No worries it will all work out, may need to make some more boxes, like 3 each for the ones you want to winter. 2 deep and 1 super.
Pleanty time for a 5 frame NUC to make 2 deeps and a super this summer yet.

GG


----------



## Shuka (Jun 28, 2018)

Hey you three - thanks so much for laying out some of the options and issues - very very helpful, and I appreciate it a lot. It helped me get my head around where the bees and I are "in the process", and about how quickly or not-so-quickly I need to move on adjusting things for/with them. 

Some reactions - 1)Akadamee - Ah! I'm a lazy bum who tries to avoid lifting heavy things, but this makes great sense. I'll remember it for next season.

2) That great picture series from MSL - glad to see this! I think the one I sliced open was probably in the 12/13 day range. I will print this out and leave it in my shed for reference!

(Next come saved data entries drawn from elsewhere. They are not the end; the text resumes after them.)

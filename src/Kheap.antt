-- ===== src/Kheap.antt =====
-- allocators/kheap/kheap.c, the allocator with one lock: pages of 4096 bytes of one size class each,
-- and chunks of whole pages for large requests. `mm_malloc` and `mm_free` hold the lock throughout,
-- so every call is one step.
pub mod Sizes
pub mod State
pub mod PageRefs
pub mod Subpage
pub mod Big
pub mod Checks
pub mod Api
pub mod Heap
mod Tests
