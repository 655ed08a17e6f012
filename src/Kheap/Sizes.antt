-- ===== src/Kheap/Sizes.antt =====
-- The constants of kheap.c, the word that packs a page address with a block type, and `blocktype`.
pub mod Choice
use parallel_memory_allocato.Base.{
  ℕ, suc, ◌+◌, ◌*◌, ◌/◌, ◌%◌, List, [], ◌∷◌, Outcome, ok, stop, Stop, leb, if◌then◌else◌, get_or,
}

abbrev pub page_size : ℕ
page_size = 4096

abbrev pub n_sizes : ℕ
n_sizes = 9

abbrev pub sizes : List ℕ
sizes = 8 ∷ 16 ∷ 32 ∷ 64 ∷ 128 ∷ 256 ∷ 512 ∷ 1024 ∷ 2048 ∷ []

abbrev pub size_of : ℕ → ℕ
size_of blktype = get_or sizes blktype 0

abbrev pub smallest_subpage_size : ℕ
smallest_subpage_size = 8

abbrev pub largest_subpage_size : ℕ
largest_subpage_size = 2048

-- On a 64-bit machine: three words and an int, padded to a multiple of 8.
abbrev pub sizeof_pageref : ℕ
sizeof_pageref = 32

-- `x & PAGE_FRAME` clears the 12 low bits of a word, and `x & ~PAGE_FRAME` keeps only them; the `|`
-- of two such words is their sum.
unfoldable pub frame : ℕ → ℕ
frame x = x / page_size * page_size

-- MKPAB
unfoldable pub mkpab : ℕ → ℕ → ℕ
unfolding frame
mkpab pa blk = frame pa + blk % page_size

-- The loop of `blocktype` from index `i`.
unfoldable pub blocktype_from : ℕ → List ℕ → ℕ → Outcome ℕ
blocktype_from i [] sz = stop Stop.exit_failure
blocktype_from i (s ∷ rest) sz =
    let next = blocktype_from (suc i) rest sz in if leb sz s then ok i else next

unfoldable pub blocktype : ℕ → Outcome ℕ
unfolding blocktype_from
blocktype sz = blocktype_from 0 sizes sz
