-- ===== src/Kheap/State.antt =====
-- The data structures and the global variables of kheap.c. The memory is three maps: the page
-- references, the word `next` of a `struct freelist` in a free block, and the chunk headers.
pub mod Pack
use parallel_memory_allocato.Base.{ℕ, ◌%◌, ◌==◌, if◌then◌else◌}
use parallel_memory_allocato.Memlib.{Dseg}
use parallel_memory_allocato.Kheap.Sizes.{page_size, frame}

-- `struct pageref`
pub record PageRef : Type 0 where
  pub next : ℕ
  pub flist : ℕ
  pub pageaddr_and_blocktype : ℕ
  pub nfree : ℕ

-- `struct big_freelist`. Its first word is also the header of an allocated chunk.
pub record BigFreelist : Type 0 where
  pub npages : ℕ
  pub next : ℕ

pub record State : Type 0 where
  pub dseg : Dseg
  pub fresh_refs : ℕ
  pub recycled_refs : ℕ
  pub sizebases : ℕ → ℕ
  pub bigchunks : ℕ
  pub refs : ℕ → PageRef
  pub cells : ℕ → ℕ
  pub chunks : ℕ → BigFreelist

-- PR_PAGEADDR and PR_BLOCKTYPE
unfoldable pub pr_pageaddr : PageRef → ℕ
unfolding frame
pr_pageaddr r = frame r.pageaddr_and_blocktype

unfoldable pub pr_blocktype : PageRef → ℕ
pr_blocktype r = r.pageaddr_and_blocktype % page_size

unfoldable pub put_ref : State → ℕ → PageRef → State
put_ref s p r = record s { refs = λ a. if a == p then r else s.refs a }

unfoldable pub put_cell : State → ℕ → ℕ → State
put_cell s b v = record s { cells = λ a. if a == b then v else s.cells a }

unfoldable pub put_chunk : State → ℕ → BigFreelist → State
put_chunk s b c = record s { chunks = λ a. if a == b then c else s.chunks a }

unfoldable pub set_sizebase : State → ℕ → ℕ → State
set_sizebase s t p = record s { sizebases = λ i. if i == t then p else s.sizebases i }
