-- ===== src/Kheap/PageRefs.antt =====
-- `allocpageref`, `freepageref` and `remove_lists` of kheap.c.
pub mod Remove
use parallel_memory_allocato.Base.{
  ℕ, zero, suc, ◌+◌, ◌-◌, ◌/◌, ◌&&◌, Outcome, ok, stop, Stop, ◌>>=◌, ltb, leb, ◌==◌, if◌then◌else◌,
}
use parallel_memory_allocato.Memlib.{null, mem_sbrk}
use parallel_memory_allocato.Kheap.Sizes.{page_size, sizeof_pageref, n_sizes}
use parallel_memory_allocato.Kheap.State.{State, put_ref, set_sizebase}

-- `mem_sbrk` on the state.
unfoldable pub sbrk : ℕ → State → Outcome (ℕ × State)
unfolding mem_sbrk
sbrk n s = do (p, d) ← mem_sbrk n s.dseg; ok (p, record s { dseg = d })

-- `bzero` on a page that will hold page references.
unfoldable pub bzero_refs : ℕ → State → State
bzero_refs p s = record s {
  refs = λ a.
      if leb p a && ltb a (p + page_size)
      then record { next = 0; flist = 0; pageaddr_and_blocktype = 0; nfree = 0 }
      else s.refs a;
}

-- `tmp->next = tmp+1; tmp = tmp->next;`, and `tmp->next = NULL` behind the last round.
unfoldable pub link_refs : ℕ → ℕ → State → State
unfolding put_ref
link_refs zero tmp s = put_ref s tmp (record (s.refs tmp) { next = null })
link_refs (suc n) tmp s =
    link_refs n (tmp + sizeof_pageref)
      (put_ref s tmp (record (s.refs tmp) { next = tmp + sizeof_pageref }))

-- A page worth of page references at `ref`, all but the first on `fresh_refs`.
unfoldable pub fill_refs : ℕ → State → State
unfolding bzero_refs link_refs
fill_refs ref s =
    let fresh = ref + sizeof_pageref in
    let nrefs = page_size / sizeof_pageref - 1 in
    link_refs (nrefs - 1) fresh (record (bzero_refs ref s) { fresh_refs = fresh })

-- A new page of page references.
unfoldable pub new_refs : State → Outcome (ℕ × State)
unfolding sbrk fill_refs
new_refs s = do (ref, s1) ← sbrk page_size s; ok (ref, if ref == null then s1 else fill_refs ref s1)

unfoldable pub allocpageref : State → Outcome (ℕ × State)
unfolding new_refs
allocpageref s =
    if s.recycled_refs == null
    then if s.fresh_refs == null
      then new_refs s
      else ok (s.fresh_refs, record s { fresh_refs = (s.refs s.fresh_refs).next })
    else ok (s.recycled_refs, record s { recycled_refs = (s.refs s.recycled_refs).next })

unfoldable pub freepageref : State → ℕ → State
unfolding put_ref
freepageref s p = record (put_ref s p (record (s.refs p) { next = s.recycled_refs })) {
  recycled_refs = p;
}

-- The write through `guy`: to the list's head, or to `next` of the node before.
unfoldable pub set_link : State → ℕ → ℕ → ℕ → State
unfolding put_ref set_sizebase
set_link s t before p =
    if before == null
    then set_sizebase s t p
    else put_ref s before (record (s.refs before) { next = p })

-- The loop of `remove_lists`: `before` is the node that `guy` points into, NULL for the head, and
-- `cur` is `*guy`.
unfoldable pub remove_lists_from : ℕ → State → ℕ → ℕ → ℕ → ℕ → Outcome State
unfolding set_link
remove_lists_from zero s t pr before cur = stop Stop.out_of_fuel
remove_lists_from (suc n) s t pr before cur =
    let rest = remove_lists_from n s t pr cur (s.refs cur).next in
    if cur == null
    then ok s
    else if cur == pr
    then ok (set_link s t before (s.refs pr).next)
    else rest

-- `remove_lists`, with fuel for the length of the list and one more round.
unfoldable pub remove_lists : ℕ → State → ℕ → ℕ → Outcome State
unfolding remove_lists_from
remove_lists fuel s pr t =
    if ltb t n_sizes
    then remove_lists_from fuel s t pr null (s.sizebases t)
    else stop Stop.assert_failure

2) Foil tape - I have that! My mind instead had gone: do I have corks? No. Do I have marshmallows? Yes. They're pretty stuffed, but I'll check 'em tomorrow and cover with foil tape. Thank you for your generous offer - I'm near Boulder/Lafayette/Erie, but I'll try to make do. My feeling is that I'll learn more by trying to build my own stuff. Thanks! When you say "our webinar" - is this something I can find online and watch "after the fact"? Right now my favorite youtube channel is from the North Western New Jersey beekeepers association ("NWNJBA"), but something more local would be great to see.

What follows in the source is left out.